(Stored data)
#####

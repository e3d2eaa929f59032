-- ===== src/Supervisor/SlotFile.antt =====
-- write_slot and read_slot_file of supervisor.c: a slot as a line of text in a file of its own.
pub mod RoundTrip
pub mod Atomic
pub mod ReadBack
use phronesis.Base.{
  ℕ, zero, suc, ◌≤◌, Bool, true, false, ◌&&◌, ◌||◌, not, Option, none, some, List, [], ◌∷◌, ◌++◌,
  ltb, leb, ◌==◌, length, if◌then◌else◌,
}
use phronesis.Base.Int.{ℤ, pos, negsuc}
use phronesis.Base.CString.{Bytes, codes, nonempty, strcmp_eq, fits}
use phronesis.Base.Decimal.{print_ℤ, print_ℕ, scan_digits, starts_digit}
use phronesis.Policy.Types.{Rc, ok, err_inval, err_io, err_notfound}
use phronesis.World.{World, Os}
use phronesis.World.Files.{
  fopen_r, fopen_x, write_close, unlink, rename, OpenExcl, opened, file_exists, failed,
}
use phronesis.Supervisor.Types.{Slot, zero_slot, Supervisor, int_of_state, state_of_int, path_max}

-- The path of a slot's file, before it is checked against the buffer.
abbrev pub slot_file : Supervisor → Bytes → Bytes
slot_file s id = s.agents_dir ++ (b'/' ∷ (id ++ codes ".slot"))

unfoldable pub slot_path : Supervisor → Bytes → ℕ → Option Bytes
slot_path s id n = if fits n (slot_file s id) then some (slot_file s id) else none

abbrev pub or_dash : Bytes → Bytes
or_dash s = if nonempty s then s else codes "-"

-- fprintf(f, "%s %d %d %d %d %s %s\n", ...)
unfoldable pub slot_line : Slot → Bytes
slot_line a =
    a.id
    ++ (b' '
        ∷ (print_ℤ (int_of_state a.state)
            ++ (b' '
                ∷ (print_ℤ a.pid
                    ++ (b' '
                        ∷ (print_ℤ a.pgid
                            ++ (b' '
                                ∷ (print_ℤ a.exit_status
                                    ++ (b' '
                                        ∷ (or_dash a.mode
                                            ++ (b' '
                                                ∷ (or_dash a.workspace ++ b'\n' ∷ []))))))))))))

-- From the open temporary file on.
unfoldable pub commit_slot : Os → Bytes → Bytes → Bytes → World → Rc × World
commit_slot os tmp path line w =
    let (written, w') = write_close os tmp line w in
    let (moved, w'') = rename os tmp path w' in
    if not written
    then (err_io, unlink os tmp w')
    else if not moved
    then (err_io, unlink os tmp w'')
    else (ok, w'')

unfoldable pub reopen_slot : Os → Bytes → Bytes → Bytes → OpenExcl → World → Rc × World
unfolding commit_slot
reopen_slot os tmp path line opened w = commit_slot os tmp path line w
reopen_slot os tmp path line failed w = (err_io, w)
reopen_slot os tmp path line file_exists w = (err_io, w)

-- f = fopen(tmp, "wx"); if (!f && errno == EEXIST) { unlink(tmp); f = fopen(tmp, "wx"); }
unfoldable pub open_slot : Os → Bytes → Bytes → Bytes → OpenExcl → World → Rc × World
unfolding reopen_slot
open_slot os tmp path line opened w = commit_slot os tmp path line w
open_slot os tmp path line failed w = (err_io, w)
open_slot os tmp path line file_exists w =
    let (again, w') = fopen_x os tmp (unlink os tmp w) in reopen_slot os tmp path line again w'

abbrev pub slot_tmp : Os → Bytes → Bytes
slot_tmp os path = path ++ (codes ".tmp." ++ print_ℕ os.own_pid)

unfoldable pub write_slot_at : Os → Bytes → Bytes → World → Rc × World
unfolding open_slot
write_slot_at os path line w =
    let tmp = slot_tmp os path in
    let (f, w') = fopen_x os tmp w in
    if not (fits path_max tmp) then (err_inval, w) else open_slot os tmp path line f w'

unfoldable pub write_slot : Os → Supervisor → Slot → World → Rc × World
unfolding slot_path write_slot_at
write_slot os s a w = elim (slot_path s a.id path_max) [
  | none ↦ (err_inval, w)
  | some path ↦ write_slot_at os path (slot_line a) w
]

-- isspace
abbrev pub is_space : ℕ → Bool
is_space c = c == b' ' || leb 9 c && leb c 13

unfoldable pub skip_spaces : Bytes → Bytes
skip_spaces [] = []
skip_spaces (c ∷ s) = if is_space c then skip_spaces s else c ∷ s

-- The bytes up to a space, n at most, and what follows them.
unfoldable pub word : ℕ → Bytes → Bytes × Bytes
word zero s = ([], s)
word (suc n) [] = ([], [])
word (suc n) (c ∷ s) = let (w, rest) = word n s in if is_space c then ([], c ∷ s) else (c ∷ w, rest)

-- "%<n>s"
unfoldable pub scan_word : ℕ → Bytes → Option (Bytes × Bytes)
unfolding skip_spaces word
scan_word n s =
    let (w, rest) = word n (skip_spaces s) in if nonempty w then some (w, rest) else none

unfoldable pub scan_unsigned : (ℕ → ℤ) → Bytes → Option (ℤ × Bytes)
scan_unsigned sign s =
    let (n, rest) = scan_digits 0 s in if starts_digit s then some (sign n, rest) else none

abbrev pub minus : ℕ → ℤ
minus zero = pos 0
minus (suc n) = negsuc n

unfoldable pub scan_signed : Bytes → Option (ℤ × Bytes)
unfolding scan_unsigned
scan_signed [] = none
scan_signed (c ∷ s) =
    if c == b'-'
    then scan_unsigned minus s
    else if c == b'+'
    then scan_unsigned pos s
    else scan_unsigned pos (c ∷ s)

-- "%d"; a value outside of int is undefined behaviour in C and is kept here.
unfoldable pub scan_int : Bytes → Option (ℤ × Bytes)
unfolding skip_spaces scan_signed
scan_int s = scan_signed (skip_spaces s)

infixl 5 ◌>>=◌
unfoldable pub ◌>>=◌ : {A B : Type 0} → Option A → (A → Option B) → Option B
none >>= f = none
some a >>= f = f a

abbrev pub un_dash : Bytes → Bytes
un_dash s = if strcmp_eq s (codes "-") then [] else s

-- fscanf(f, "%63s %d %d %d %d %31s %511s", ...) == 7, and the slot that is filled from it.
unfoldable pub parse_slot : Bytes → Option Slot
unfolding scan_word scan_int
parse_slot s0 = do
  (id, s1) ← scan_word 63 s0
  (state, s2) ← scan_int s1
  (pid, s3) ← scan_int s2
  (pgid, s4) ← scan_int s3
  (exit_status, s5) ← scan_int s4
  (mode, s6) ← scan_word 31 s5
  (workspace, s7) ← scan_word 511 s6
  some (record {
    in_use = true;
    id = id;
    state = state_of_int state;
    pid = pid;
    pgid = pgid;
    exit_status = exit_status;
    mode = un_dash mode;
    workspace = un_dash workspace;
    cgroup_path = [];
  })

-- if (strcmp(got_id, id) != 0) return PHRONESIS_ERR_IO;
unfoldable pub check_slot : Bytes → Option Slot → Rc × Slot
check_slot id none = (err_io, zero_slot)
check_slot id (some a) = if strcmp_eq a.id id then (ok, a) else (err_io, zero_slot)

unfoldable pub read_slot_file : Os → Supervisor → Bytes → World → (Rc × Slot) × World
unfolding slot_path parse_slot check_slot
read_slot_file os s id w = elim (slot_path s id path_max) [
  | none ↦ ((err_inval, zero_slot), w)
  | some path ↦
      let (found, w') = fopen_r os path w in
      elim found [
        | none ↦ ((err_notfound, zero_slot), w')
        | some text ↦ (check_slot id (parse_slot text), w')
      ]
]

#####

- WHAT THE EXERCISE ASKS: Restate the data above word for word. Leave nothing out.

- RESPONSE TO THIS TASK:
repository e3d2eaa929f59032
-- ===== src/Supervisor/SlotFile.antt =====
-- write_slot and read_slot_file of supervisor.c: a slot as a line of text in a file of its own.
pub mod RoundTrip
pub mod Atomic
pub mod ReadBack
use phronesis.Base.{
  ℕ, zero, suc, ◌≤◌, Bool, true, false, ◌&&◌, ◌||◌, not, Option, none, some, List, [], ◌∷◌, ◌++◌,
  ltb, leb, ◌==◌, length, if◌then◌else◌,
}
use phronesis.Base.Int.{ℤ, pos, negsuc}
use phronesis.Base.CString.{Bytes, codes, nonempty, strcmp_eq, fits}
use phronesis.Base.Decimal.{print_ℤ, print_ℕ, scan_digits, starts_digit}
use phronesis.Policy.Types.{Rc, ok, err_inval, err_io, err_notfound}
use phronesis.World.{World, Os}
use phronesis.World.Files.{
  fopen_r, fopen_x, write_close, unlink, rename, OpenExcl, opened, file_exists, failed,
}
use phronesis.Supervisor.Types.{Slot, zero_slot, Supervisor, int_of_state, state_of_int, path_max}

-- The path of a slot's file, before it is checked against the buffer.
abbrev pub slot_file : Supervisor → Bytes → Bytes
slot_file s id = s.agents_dir ++ (b'/' ∷ (id ++ codes ".slot"))

unfoldable pub slot_path : Supervisor → Bytes → ℕ → Option Bytes
slot_path s id n = if fits n (slot_file s id) then some (slot_file s id) else none

abbrev pub or_dash : Bytes → Bytes
or_dash s = if nonempty s then s else codes "-"

-- fprintf(f, "%s %d %d %d %d %s %s\n", ...)
unfoldable pub slot_line : Slot → Bytes
slot_line a =
    a.id
    ++ (b' '
        ∷ (print_ℤ (int_of_state a.state)
            ++ (b' '
                ∷ (print_ℤ a.pid
                    ++ (b' '
                        ∷ (print_ℤ a.pgid
                            ++ (b' '
                                ∷ (print_ℤ a.exit_status
                                    ++ (b' '
                                        ∷ (or_dash a.mode
                                            ++ (b' '
                                                ∷ (or_dash a.workspace ++ b'\n' ∷ []))))))))))))

-- From the open temporary file on.
unfoldable pub commit_slot : Os → Bytes → Bytes → Bytes → World → Rc × World
commit_slot os tmp path line w =
    let (written, w') = write_close os tmp line w in
    let (moved, w'') = rename os tmp path w' in
    if not written
    then (err_io, unlink os tmp w')
    else if not moved
    then (err_io, unlink os tmp w'')
    else (ok, w'')

unfoldable pub reopen_slot : Os → Bytes → Bytes → Bytes → OpenExcl → World → Rc × World
unfolding commit_slot
reopen_slot os tmp path line opened w = commit_slot os tmp path line w
reopen_slot os tmp path line failed w = (err_io, w)
reopen_slot os tmp path line file_exists w = (err_io, w)

-- f = fopen(tmp, "wx"); if (!f && errno == EEXIST) { unlink(tmp); f = fopen(tmp, "wx"); }
unfoldable pub open_slot : Os → Bytes → Bytes → Bytes → OpenExcl → World → Rc × World
unfolding reopen_slot
open_slot os tmp path line opened w = commit_slot os tmp path line w
open_slot os tmp path line failed w = (err_io, w)
open_slot os tmp path line file_exists w =
    let (again, w') = fopen_x os tmp (unlink os tmp w) in reopen_slot os tmp path line again w'

abbrev pub slot_tmp : Os → Bytes → Bytes
slot_tmp os path = path ++ (codes ".tmp." ++ print_ℕ os.own_pid)

unfoldable pub write_slot_at : Os → Bytes → Bytes → World → Rc × World
unfolding open_slot
write_slot_at os path line w =
    let tmp = slot_tmp os path in
    let (f, w') = fopen_x os tmp w in
    if not (fits path_max tmp) then (err_inval, w) else open_slot os tmp path line f w'

unfoldable pub write_slot : Os → Supervisor → Slot → World → Rc × World
unfolding slot_path write_slot_at
write_slot os s a w = elim (slot_path s a.id path_max) [
  | none ↦ (err_inval, w)
  | some path ↦ write_slot_at os path (slot_line a) w
]

-- isspace
abbrev pub is_space : ℕ → Bool
is_space c = c == b' ' || leb 9 c && leb c 13

unfoldable pub skip_spaces : Bytes → Bytes
skip_spaces [] = []
skip_spaces (c ∷ s) = if is_space c then skip_spaces s else c ∷ s

-- The bytes up to a space, n at most, and what follows them.
unfoldable pub word : ℕ → Bytes → Bytes × Bytes
word zero s = ([], s)
word (suc n) [] = ([], [])
word (suc n) (c ∷ s) = let (w, rest) = word n s in if is_space c then ([], c ∷ s) else (c ∷ w, rest)

-- "%<n>s"
unfoldable pub scan_word : ℕ → Bytes → Option (Bytes × Bytes)
unfolding skip_spaces word
scan_word n s =
    let (w, rest) = word n (skip_spaces s) in if nonempty w then some (w, rest) else none

unfoldable pub scan_unsigned : (ℕ → ℤ) → Bytes → Option (ℤ × Bytes)
scan_unsigned sign s =
    let (n, rest) = scan_digits 0 s in if starts_digit s then some (sign n, rest) else none

abbrev pub minus : ℕ → ℤ
minus zero = pos 0
minus (suc n) = negsuc n

unfoldable pub scan_signed : Bytes → Option (ℤ × Bytes)
unfolding scan_unsigned
scan_signed [] = none
scan_signed (c ∷ s) =
    if c == b'-'
    then scan_unsigned minus s
    else if c == b'+'
    then scan_unsigned pos s
    else scan_unsigned pos (c ∷ s)

-- "%d"; a value outside of int is undefined behaviour in C and is kept here.
unfoldable pub scan_int : Bytes → Option (ℤ × Bytes)
unfolding skip_spaces scan_signed
scan_int s = scan_signed (skip_spaces s)

infixl 5 ◌>>=◌
unfoldable pub ◌>>=◌ : {A B : Type 0} → Option A → (A → Option B) → Option B
none >>= f = none
some a >>= f = f a

abbrev pub un_dash : Bytes → Bytes
un_dash s = if strcmp_eq s (codes "-") then [] else s

-- fscanf(f, "%63s %d %d %d %d %31s %511s", ...) == 7, and the slot that is filled from it.
unfoldable pub parse_slot : Bytes → Option Slot
unfolding scan_word scan_int
parse_slot s0 = do
  (id, s1) ← scan_word 63 s0
  (state, s2) ← scan_int s1
  (pid, s3) ← scan_int s2
  (pgid, s4) ← scan_int s3
  (exit_status, s5) ← scan_int s4
  (mode, s6) ← scan_word 31 s5
  (workspace, s7) ← scan_word 511 s6
  some (record {
    in_use = true;
    id = id;
    state = state_of_int state;
    pid = pid;
    pgid = pgid;
    exit_status = exit_status;
    mode = un_dash mode;
    workspace = un_dash workspace;
    cgroup_path = [];
  })

-- if (strcmp(got_id, id) != 0) return PHRONESIS_ERR_IO;
unfoldable pub check_slot : Bytes → Option Slot → Rc × Slot
check_slot id none = (err_io, zero_slot)
check_slot id (some a) = if strcmp_eq a.id id then (ok, a) else (err_io, zero_slot)

unfoldable pub read_slot_file : Os → Supervisor → Bytes → World → (Rc × Slot) × World
unfolding slot_path parse_slot check_slot
read_slot_file os s id w = elim (slot_path s id path_max) [
  | none ↦ ((err_inval, zero_slot), w)
  | some path ↦
      let (found, w') = fopen_r os path w in
      elim found [
        | none ↦ ((err_notfound, zero_slot), w')
        | some text ↦ (check_slot id (parse_slot text), w')
      ]
]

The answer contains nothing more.